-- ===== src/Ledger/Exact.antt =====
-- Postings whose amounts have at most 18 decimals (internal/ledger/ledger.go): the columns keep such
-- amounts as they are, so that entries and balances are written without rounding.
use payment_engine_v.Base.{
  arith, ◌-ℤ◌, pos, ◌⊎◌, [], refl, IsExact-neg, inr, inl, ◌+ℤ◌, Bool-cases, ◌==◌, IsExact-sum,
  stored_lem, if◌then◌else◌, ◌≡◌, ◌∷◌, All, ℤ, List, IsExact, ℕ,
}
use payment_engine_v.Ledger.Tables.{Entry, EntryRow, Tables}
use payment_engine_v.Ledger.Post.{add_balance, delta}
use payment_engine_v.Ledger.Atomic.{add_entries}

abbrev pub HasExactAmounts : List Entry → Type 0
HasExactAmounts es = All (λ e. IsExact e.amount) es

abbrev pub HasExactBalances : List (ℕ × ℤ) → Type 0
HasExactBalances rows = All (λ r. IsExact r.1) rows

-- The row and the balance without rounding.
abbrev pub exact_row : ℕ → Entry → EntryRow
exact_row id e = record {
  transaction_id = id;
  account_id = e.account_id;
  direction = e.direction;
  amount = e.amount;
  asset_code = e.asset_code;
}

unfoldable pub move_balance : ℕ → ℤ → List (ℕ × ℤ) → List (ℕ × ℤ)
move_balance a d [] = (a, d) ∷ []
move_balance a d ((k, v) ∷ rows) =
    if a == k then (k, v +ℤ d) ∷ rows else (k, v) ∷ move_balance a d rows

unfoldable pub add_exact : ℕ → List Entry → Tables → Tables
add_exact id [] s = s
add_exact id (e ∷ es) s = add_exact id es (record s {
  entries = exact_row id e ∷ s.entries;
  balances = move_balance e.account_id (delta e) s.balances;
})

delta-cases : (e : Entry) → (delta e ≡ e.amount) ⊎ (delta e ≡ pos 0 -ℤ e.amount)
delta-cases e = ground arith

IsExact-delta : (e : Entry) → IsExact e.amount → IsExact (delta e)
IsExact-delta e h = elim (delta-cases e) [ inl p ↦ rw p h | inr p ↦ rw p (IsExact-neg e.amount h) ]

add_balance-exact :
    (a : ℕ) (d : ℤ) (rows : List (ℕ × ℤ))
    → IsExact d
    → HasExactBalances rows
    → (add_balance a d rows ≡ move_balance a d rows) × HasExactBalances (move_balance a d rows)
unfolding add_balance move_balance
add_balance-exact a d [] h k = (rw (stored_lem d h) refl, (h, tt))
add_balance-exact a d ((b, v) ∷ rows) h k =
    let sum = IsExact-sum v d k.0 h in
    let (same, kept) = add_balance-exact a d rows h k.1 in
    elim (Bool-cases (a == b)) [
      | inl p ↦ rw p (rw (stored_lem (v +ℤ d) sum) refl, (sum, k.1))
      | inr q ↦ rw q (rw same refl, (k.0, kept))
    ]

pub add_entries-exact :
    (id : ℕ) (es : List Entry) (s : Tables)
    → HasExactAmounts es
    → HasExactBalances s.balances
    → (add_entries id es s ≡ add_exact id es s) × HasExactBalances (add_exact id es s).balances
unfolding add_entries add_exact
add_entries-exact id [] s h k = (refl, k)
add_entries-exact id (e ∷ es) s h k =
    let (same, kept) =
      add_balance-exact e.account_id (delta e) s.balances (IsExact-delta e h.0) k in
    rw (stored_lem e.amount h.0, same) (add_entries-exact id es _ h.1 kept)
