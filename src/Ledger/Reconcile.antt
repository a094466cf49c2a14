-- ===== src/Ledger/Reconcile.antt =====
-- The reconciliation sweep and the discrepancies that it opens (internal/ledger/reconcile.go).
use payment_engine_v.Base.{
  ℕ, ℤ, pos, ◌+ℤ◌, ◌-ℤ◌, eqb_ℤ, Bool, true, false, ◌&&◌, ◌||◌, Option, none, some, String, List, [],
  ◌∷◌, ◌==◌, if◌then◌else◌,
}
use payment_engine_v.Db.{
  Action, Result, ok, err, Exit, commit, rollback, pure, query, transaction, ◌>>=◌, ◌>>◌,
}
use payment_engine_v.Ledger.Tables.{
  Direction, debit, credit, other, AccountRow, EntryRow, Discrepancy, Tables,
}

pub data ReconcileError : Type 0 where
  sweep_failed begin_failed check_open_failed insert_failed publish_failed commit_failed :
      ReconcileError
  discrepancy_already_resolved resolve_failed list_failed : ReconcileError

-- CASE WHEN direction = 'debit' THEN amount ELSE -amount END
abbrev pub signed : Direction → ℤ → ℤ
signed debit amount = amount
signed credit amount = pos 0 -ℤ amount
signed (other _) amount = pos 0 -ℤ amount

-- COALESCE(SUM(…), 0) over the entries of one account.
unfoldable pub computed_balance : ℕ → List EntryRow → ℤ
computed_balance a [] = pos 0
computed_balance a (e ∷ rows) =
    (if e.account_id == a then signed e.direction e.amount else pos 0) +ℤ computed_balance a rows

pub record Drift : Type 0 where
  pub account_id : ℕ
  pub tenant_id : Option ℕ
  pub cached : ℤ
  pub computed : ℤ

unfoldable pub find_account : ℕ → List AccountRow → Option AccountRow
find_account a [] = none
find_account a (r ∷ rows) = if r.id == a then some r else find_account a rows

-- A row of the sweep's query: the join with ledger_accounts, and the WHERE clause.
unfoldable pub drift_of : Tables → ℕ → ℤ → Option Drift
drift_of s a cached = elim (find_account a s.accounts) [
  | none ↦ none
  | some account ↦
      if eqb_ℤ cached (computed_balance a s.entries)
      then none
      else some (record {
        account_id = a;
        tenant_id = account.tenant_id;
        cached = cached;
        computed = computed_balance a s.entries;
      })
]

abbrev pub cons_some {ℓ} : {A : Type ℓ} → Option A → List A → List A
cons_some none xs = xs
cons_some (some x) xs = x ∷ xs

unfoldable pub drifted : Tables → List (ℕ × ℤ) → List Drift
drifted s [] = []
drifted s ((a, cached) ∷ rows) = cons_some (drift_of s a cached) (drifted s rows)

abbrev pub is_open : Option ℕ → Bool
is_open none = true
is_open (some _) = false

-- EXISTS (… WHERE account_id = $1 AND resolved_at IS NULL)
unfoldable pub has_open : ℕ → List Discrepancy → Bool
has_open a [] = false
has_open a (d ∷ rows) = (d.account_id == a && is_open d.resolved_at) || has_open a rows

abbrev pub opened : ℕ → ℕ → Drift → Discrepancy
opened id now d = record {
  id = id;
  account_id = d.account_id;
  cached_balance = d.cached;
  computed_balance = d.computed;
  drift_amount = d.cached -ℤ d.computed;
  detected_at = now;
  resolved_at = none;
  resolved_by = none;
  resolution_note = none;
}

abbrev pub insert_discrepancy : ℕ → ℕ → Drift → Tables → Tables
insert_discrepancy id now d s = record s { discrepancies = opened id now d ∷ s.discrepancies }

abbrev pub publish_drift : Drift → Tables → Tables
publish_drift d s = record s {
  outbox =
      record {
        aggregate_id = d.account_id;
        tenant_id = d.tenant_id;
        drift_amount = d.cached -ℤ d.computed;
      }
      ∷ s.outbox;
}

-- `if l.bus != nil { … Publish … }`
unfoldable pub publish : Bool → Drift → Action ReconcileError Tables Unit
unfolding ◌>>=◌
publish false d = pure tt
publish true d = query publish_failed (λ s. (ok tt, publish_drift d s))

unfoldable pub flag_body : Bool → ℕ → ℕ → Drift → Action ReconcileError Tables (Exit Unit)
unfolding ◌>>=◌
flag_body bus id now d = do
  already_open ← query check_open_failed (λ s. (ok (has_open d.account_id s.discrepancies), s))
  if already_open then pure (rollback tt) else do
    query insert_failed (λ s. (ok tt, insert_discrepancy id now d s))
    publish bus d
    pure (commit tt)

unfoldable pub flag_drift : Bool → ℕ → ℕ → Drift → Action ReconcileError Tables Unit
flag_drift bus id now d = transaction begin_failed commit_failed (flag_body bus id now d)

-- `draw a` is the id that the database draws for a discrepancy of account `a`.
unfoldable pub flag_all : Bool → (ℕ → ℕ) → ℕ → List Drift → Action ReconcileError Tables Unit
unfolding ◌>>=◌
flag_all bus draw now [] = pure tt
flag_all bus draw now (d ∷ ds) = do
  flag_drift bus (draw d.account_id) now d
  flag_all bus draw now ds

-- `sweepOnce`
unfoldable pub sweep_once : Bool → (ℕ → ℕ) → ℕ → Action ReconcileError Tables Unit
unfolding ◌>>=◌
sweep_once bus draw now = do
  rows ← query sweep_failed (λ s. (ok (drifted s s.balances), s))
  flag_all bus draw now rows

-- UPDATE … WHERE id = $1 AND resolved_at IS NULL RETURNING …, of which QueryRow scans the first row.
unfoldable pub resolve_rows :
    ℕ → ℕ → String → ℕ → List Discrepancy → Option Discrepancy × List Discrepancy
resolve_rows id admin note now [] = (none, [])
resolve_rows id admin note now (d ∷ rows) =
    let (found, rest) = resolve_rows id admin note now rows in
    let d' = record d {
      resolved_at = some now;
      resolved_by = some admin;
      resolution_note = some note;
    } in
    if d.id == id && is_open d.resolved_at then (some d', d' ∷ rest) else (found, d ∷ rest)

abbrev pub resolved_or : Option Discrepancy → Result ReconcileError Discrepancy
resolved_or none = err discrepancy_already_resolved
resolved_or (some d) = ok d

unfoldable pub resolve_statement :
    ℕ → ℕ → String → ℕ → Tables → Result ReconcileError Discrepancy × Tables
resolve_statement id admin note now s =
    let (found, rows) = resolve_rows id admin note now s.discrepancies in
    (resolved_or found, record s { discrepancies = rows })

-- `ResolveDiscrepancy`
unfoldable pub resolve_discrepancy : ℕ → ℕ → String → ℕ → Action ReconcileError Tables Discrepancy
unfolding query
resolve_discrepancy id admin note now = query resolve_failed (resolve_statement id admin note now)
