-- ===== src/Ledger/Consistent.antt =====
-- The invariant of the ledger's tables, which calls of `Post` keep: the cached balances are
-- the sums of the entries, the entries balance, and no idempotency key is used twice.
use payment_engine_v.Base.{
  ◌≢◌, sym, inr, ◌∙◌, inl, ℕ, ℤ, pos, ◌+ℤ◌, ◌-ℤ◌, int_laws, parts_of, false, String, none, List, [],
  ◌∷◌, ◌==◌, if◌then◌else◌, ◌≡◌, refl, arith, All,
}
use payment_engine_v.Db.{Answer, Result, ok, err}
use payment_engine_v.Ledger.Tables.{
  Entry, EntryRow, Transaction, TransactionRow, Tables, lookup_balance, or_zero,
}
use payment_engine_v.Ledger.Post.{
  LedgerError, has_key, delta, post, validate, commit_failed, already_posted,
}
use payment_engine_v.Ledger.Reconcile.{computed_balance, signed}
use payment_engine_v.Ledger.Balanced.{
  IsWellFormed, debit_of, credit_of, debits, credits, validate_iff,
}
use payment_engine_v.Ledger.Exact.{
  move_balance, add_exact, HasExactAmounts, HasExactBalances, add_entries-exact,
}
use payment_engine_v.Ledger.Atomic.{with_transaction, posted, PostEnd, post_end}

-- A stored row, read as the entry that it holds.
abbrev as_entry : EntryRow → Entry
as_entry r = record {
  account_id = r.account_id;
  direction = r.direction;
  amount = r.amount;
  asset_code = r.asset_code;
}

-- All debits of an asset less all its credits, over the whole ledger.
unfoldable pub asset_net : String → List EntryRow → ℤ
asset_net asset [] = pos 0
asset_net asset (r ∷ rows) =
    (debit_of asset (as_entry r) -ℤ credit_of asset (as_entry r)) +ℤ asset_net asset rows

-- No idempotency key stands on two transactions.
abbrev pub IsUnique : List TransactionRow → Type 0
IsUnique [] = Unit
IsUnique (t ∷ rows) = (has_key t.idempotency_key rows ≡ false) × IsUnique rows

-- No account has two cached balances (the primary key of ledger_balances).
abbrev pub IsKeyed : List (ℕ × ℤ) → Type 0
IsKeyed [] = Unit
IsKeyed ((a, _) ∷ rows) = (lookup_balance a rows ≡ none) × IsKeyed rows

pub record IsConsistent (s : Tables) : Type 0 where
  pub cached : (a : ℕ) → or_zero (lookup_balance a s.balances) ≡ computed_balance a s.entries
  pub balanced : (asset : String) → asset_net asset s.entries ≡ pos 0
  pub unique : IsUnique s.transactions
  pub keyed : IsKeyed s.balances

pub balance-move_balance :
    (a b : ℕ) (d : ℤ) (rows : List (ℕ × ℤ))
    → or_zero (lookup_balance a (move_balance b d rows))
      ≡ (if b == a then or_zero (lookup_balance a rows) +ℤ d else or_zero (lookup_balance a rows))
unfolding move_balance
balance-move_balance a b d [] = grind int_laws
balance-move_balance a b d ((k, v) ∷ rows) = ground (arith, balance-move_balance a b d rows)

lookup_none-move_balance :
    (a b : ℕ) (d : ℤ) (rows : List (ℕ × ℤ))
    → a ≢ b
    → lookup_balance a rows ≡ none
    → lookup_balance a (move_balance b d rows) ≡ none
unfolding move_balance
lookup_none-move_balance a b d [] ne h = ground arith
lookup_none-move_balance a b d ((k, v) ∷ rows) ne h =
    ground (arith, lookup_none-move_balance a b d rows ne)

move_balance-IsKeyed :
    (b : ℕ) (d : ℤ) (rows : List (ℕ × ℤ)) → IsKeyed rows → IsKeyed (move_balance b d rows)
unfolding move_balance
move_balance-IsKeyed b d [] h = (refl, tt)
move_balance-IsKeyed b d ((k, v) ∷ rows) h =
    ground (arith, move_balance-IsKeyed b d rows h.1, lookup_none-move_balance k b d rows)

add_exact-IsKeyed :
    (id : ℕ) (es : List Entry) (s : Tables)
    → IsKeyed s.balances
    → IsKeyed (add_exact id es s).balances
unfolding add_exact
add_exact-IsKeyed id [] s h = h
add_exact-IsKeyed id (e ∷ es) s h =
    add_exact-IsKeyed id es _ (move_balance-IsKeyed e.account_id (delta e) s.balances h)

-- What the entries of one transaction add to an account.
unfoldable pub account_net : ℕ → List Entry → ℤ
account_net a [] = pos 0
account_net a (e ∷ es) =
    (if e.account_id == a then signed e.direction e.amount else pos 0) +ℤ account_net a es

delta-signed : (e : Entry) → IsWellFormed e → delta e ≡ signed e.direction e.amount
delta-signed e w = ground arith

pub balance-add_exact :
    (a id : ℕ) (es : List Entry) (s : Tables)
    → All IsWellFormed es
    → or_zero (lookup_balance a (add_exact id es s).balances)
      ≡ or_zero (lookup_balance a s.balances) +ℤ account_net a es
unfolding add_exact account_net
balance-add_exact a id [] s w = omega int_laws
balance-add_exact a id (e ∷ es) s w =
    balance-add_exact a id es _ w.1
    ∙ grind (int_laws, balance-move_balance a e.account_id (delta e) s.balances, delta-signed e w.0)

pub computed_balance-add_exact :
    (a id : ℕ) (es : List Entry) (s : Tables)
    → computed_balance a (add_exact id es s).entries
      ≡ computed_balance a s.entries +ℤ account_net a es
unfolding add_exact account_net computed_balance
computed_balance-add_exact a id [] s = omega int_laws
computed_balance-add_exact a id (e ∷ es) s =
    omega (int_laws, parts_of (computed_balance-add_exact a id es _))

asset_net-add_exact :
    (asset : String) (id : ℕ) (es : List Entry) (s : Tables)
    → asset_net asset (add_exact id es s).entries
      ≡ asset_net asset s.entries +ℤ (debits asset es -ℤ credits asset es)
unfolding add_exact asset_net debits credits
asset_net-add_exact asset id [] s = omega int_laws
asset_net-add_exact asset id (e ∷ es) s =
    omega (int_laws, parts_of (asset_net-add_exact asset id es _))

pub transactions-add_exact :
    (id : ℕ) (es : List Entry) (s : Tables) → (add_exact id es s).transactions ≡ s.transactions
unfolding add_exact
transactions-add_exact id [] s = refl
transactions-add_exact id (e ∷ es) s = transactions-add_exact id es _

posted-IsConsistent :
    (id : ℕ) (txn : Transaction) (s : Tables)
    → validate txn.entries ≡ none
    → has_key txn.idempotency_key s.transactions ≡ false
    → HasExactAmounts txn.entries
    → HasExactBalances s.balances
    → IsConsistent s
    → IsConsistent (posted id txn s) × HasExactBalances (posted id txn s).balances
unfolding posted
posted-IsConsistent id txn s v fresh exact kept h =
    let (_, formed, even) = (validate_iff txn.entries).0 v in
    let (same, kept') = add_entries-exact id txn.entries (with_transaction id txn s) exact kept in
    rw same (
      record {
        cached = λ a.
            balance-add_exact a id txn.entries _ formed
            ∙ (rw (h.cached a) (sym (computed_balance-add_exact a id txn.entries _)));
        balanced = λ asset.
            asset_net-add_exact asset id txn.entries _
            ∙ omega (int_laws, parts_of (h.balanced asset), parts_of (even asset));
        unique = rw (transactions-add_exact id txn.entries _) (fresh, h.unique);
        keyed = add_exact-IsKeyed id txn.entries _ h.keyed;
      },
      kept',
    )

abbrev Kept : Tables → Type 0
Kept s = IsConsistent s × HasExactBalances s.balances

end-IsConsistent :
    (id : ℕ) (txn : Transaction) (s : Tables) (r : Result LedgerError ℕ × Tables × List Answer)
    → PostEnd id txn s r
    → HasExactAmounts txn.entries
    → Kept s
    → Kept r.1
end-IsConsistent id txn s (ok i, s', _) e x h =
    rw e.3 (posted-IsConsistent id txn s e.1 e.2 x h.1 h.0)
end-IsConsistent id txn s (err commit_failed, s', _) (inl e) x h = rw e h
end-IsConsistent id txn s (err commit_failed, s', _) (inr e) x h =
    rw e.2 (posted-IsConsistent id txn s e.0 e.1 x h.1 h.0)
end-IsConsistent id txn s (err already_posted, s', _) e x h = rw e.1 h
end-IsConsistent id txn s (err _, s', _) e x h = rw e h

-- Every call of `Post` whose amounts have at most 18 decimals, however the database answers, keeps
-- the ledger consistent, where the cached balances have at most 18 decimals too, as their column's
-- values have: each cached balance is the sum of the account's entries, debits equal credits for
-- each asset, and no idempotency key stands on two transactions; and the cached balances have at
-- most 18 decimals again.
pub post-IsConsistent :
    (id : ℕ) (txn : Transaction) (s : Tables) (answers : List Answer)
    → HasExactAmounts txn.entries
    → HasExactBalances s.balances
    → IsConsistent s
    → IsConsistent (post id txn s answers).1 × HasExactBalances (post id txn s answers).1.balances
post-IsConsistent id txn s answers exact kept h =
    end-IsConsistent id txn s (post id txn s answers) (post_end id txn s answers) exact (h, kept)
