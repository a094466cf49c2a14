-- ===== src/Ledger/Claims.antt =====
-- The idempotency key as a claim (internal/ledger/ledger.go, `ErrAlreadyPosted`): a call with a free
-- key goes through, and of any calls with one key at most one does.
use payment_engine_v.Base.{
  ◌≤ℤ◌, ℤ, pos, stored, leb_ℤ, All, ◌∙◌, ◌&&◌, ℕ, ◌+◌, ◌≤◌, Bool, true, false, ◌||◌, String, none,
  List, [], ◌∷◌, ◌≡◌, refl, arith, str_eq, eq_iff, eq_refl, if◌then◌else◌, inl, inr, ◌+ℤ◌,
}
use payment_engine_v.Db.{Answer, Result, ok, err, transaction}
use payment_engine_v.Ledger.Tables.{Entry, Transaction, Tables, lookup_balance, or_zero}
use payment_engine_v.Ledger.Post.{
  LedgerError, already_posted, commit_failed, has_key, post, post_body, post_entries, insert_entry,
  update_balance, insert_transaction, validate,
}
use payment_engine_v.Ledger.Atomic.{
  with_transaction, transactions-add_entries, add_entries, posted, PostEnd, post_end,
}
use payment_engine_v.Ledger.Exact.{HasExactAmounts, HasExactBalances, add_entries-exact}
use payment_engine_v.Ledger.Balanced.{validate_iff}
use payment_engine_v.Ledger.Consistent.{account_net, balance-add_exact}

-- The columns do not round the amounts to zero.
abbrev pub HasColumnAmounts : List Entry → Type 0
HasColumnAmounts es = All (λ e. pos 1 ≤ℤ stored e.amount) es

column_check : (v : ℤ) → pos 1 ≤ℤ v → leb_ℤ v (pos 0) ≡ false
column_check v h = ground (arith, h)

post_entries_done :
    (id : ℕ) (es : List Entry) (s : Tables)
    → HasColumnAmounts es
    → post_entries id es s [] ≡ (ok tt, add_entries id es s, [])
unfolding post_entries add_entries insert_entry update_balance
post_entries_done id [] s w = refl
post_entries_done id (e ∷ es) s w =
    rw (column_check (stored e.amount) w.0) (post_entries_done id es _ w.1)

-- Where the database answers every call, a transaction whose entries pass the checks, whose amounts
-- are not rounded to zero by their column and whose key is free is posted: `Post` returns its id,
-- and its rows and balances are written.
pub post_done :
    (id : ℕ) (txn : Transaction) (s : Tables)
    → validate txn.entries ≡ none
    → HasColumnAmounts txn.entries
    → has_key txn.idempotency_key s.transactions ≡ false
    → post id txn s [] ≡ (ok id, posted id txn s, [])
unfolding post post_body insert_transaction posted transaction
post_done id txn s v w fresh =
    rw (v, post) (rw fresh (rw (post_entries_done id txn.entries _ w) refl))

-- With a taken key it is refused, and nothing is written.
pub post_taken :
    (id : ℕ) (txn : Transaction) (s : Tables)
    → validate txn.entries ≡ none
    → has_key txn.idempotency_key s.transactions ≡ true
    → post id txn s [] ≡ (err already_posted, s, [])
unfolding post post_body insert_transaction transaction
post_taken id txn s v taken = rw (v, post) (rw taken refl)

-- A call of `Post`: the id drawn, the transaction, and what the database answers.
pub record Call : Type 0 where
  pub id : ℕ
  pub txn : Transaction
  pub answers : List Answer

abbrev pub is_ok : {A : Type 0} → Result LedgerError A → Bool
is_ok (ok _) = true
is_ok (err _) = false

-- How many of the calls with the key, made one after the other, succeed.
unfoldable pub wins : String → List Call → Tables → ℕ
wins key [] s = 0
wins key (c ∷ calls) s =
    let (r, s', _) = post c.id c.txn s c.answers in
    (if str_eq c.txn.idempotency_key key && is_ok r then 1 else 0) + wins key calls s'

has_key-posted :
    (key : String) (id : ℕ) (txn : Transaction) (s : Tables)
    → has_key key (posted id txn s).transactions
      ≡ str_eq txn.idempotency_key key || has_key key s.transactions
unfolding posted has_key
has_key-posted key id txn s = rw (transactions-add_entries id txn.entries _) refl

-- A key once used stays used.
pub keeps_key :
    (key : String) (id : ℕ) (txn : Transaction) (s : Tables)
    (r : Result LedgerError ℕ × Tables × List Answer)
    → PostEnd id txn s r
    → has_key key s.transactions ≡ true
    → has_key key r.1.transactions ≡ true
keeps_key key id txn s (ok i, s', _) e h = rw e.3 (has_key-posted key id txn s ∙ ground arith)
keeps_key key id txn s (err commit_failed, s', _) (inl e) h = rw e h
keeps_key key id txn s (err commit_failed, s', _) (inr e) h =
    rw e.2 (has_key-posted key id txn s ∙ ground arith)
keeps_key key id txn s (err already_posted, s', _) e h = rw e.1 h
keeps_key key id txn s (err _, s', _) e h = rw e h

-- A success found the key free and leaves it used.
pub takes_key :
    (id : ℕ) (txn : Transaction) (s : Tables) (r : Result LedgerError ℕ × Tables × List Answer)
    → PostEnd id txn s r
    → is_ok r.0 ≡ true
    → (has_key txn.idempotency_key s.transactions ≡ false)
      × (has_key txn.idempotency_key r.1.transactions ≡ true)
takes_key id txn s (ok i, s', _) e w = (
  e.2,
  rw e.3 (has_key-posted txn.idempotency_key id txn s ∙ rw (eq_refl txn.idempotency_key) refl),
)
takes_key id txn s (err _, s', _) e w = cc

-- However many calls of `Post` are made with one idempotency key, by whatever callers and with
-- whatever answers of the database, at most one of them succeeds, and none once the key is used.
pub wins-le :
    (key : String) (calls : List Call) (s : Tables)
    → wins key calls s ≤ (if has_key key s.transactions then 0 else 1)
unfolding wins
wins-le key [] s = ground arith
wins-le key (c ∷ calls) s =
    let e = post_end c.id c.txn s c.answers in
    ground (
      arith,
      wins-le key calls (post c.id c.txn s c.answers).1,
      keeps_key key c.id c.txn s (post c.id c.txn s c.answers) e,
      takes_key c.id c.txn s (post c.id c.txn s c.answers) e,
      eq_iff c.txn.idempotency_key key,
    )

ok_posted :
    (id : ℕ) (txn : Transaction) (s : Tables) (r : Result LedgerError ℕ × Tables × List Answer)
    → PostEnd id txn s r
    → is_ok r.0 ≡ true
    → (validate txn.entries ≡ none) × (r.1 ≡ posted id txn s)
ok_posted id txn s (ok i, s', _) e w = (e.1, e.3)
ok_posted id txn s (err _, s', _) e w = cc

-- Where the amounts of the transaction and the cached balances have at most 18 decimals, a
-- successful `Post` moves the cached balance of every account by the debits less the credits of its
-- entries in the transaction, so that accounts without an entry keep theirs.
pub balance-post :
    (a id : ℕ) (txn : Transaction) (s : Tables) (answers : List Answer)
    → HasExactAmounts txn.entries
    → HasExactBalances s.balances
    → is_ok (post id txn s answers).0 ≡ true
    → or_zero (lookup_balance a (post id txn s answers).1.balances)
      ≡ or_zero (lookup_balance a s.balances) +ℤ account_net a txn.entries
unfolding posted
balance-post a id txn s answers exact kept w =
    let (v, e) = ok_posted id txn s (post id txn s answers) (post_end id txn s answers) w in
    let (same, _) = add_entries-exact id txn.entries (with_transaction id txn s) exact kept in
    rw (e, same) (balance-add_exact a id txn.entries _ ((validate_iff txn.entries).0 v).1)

==========

Exercise aim:
All that is needed is the exact run of lines above from the line containing "publish false d = pure tt" through the line containing "resolve_statement id admin note now s", both of them included.

Exercise answer:
publish false d = pure tt
publish true d = query publish_failed (λ s. (ok tt, publish_drift d s))

unfoldable pub flag_body : Bool → ℕ → ℕ → Drift → Action ReconcileError Tables (Exit Unit)
unfolding ◌>>=◌
flag_body bus id now d = do
  already_open ← query check_open_failed (λ s. (ok (has_open d.account_id s.discrepancies), s))
  if already_open then pure (rollback tt) else do
    query insert_failed (λ s. (ok tt, insert_discrepancy id now d s))
    publish bus d
    pure (commit tt)

unfoldable pub flag_drift : Bool → ℕ → ℕ → Drift → Action ReconcileError Tables Unit
flag_drift bus id now d = transaction begin_failed commit_failed (flag_body bus id now d)

-- `draw a` is the id that the database draws for a discrepancy of account `a`.
unfoldable pub flag_all : Bool → (ℕ → ℕ) → ℕ → List Drift → Action ReconcileError Tables Unit
unfolding ◌>>=◌
flag_all bus draw now [] = pure tt
flag_all bus draw now (d ∷ ds) = do
  flag_drift bus (draw d.account_id) now d
  flag_all bus draw now ds

-- `sweepOnce`
unfoldable pub sweep_once : Bool → (ℕ → ℕ) → ℕ → Action ReconcileError Tables Unit
unfolding ◌>>=◌
sweep_once bus draw now = do
  rows ← query sweep_failed (λ s. (ok (drifted s s.balances), s))
  flag_all bus draw now rows

-- UPDATE … WHERE id = $1 AND resolved_at IS NULL RETURNING …, of which QueryRow scans the first row.
unfoldable pub resolve_rows :
    ℕ → ℕ → String → ℕ → List Discrepancy → Option Discrepancy × List Discrepancy
resolve_rows id admin note now [] = (none, [])
resolve_rows id admin note now (d ∷ rows) =
    let (found, rest) = resolve_rows id admin note now rows in
    let d' = record d {
      resolved_at = some now;
      resolved_by = some admin;
      resolution_note = some note;
    } in
    if d.id == id && is_open d.resolved_at then (some d', d' ∷ rest) else (found, d ∷ rest)

abbrev pub resolved_or : Option Discrepancy → Result ReconcileError Discrepancy
resolved_or none = err discrepancy_already_resolved
resolved_or (some d) = ok d

unfoldable pub resolve_statement :
    ℕ → ℕ → String → ℕ → Tables → Result ReconcileError Discrepancy × Tables
resolve_statement id admin note now s =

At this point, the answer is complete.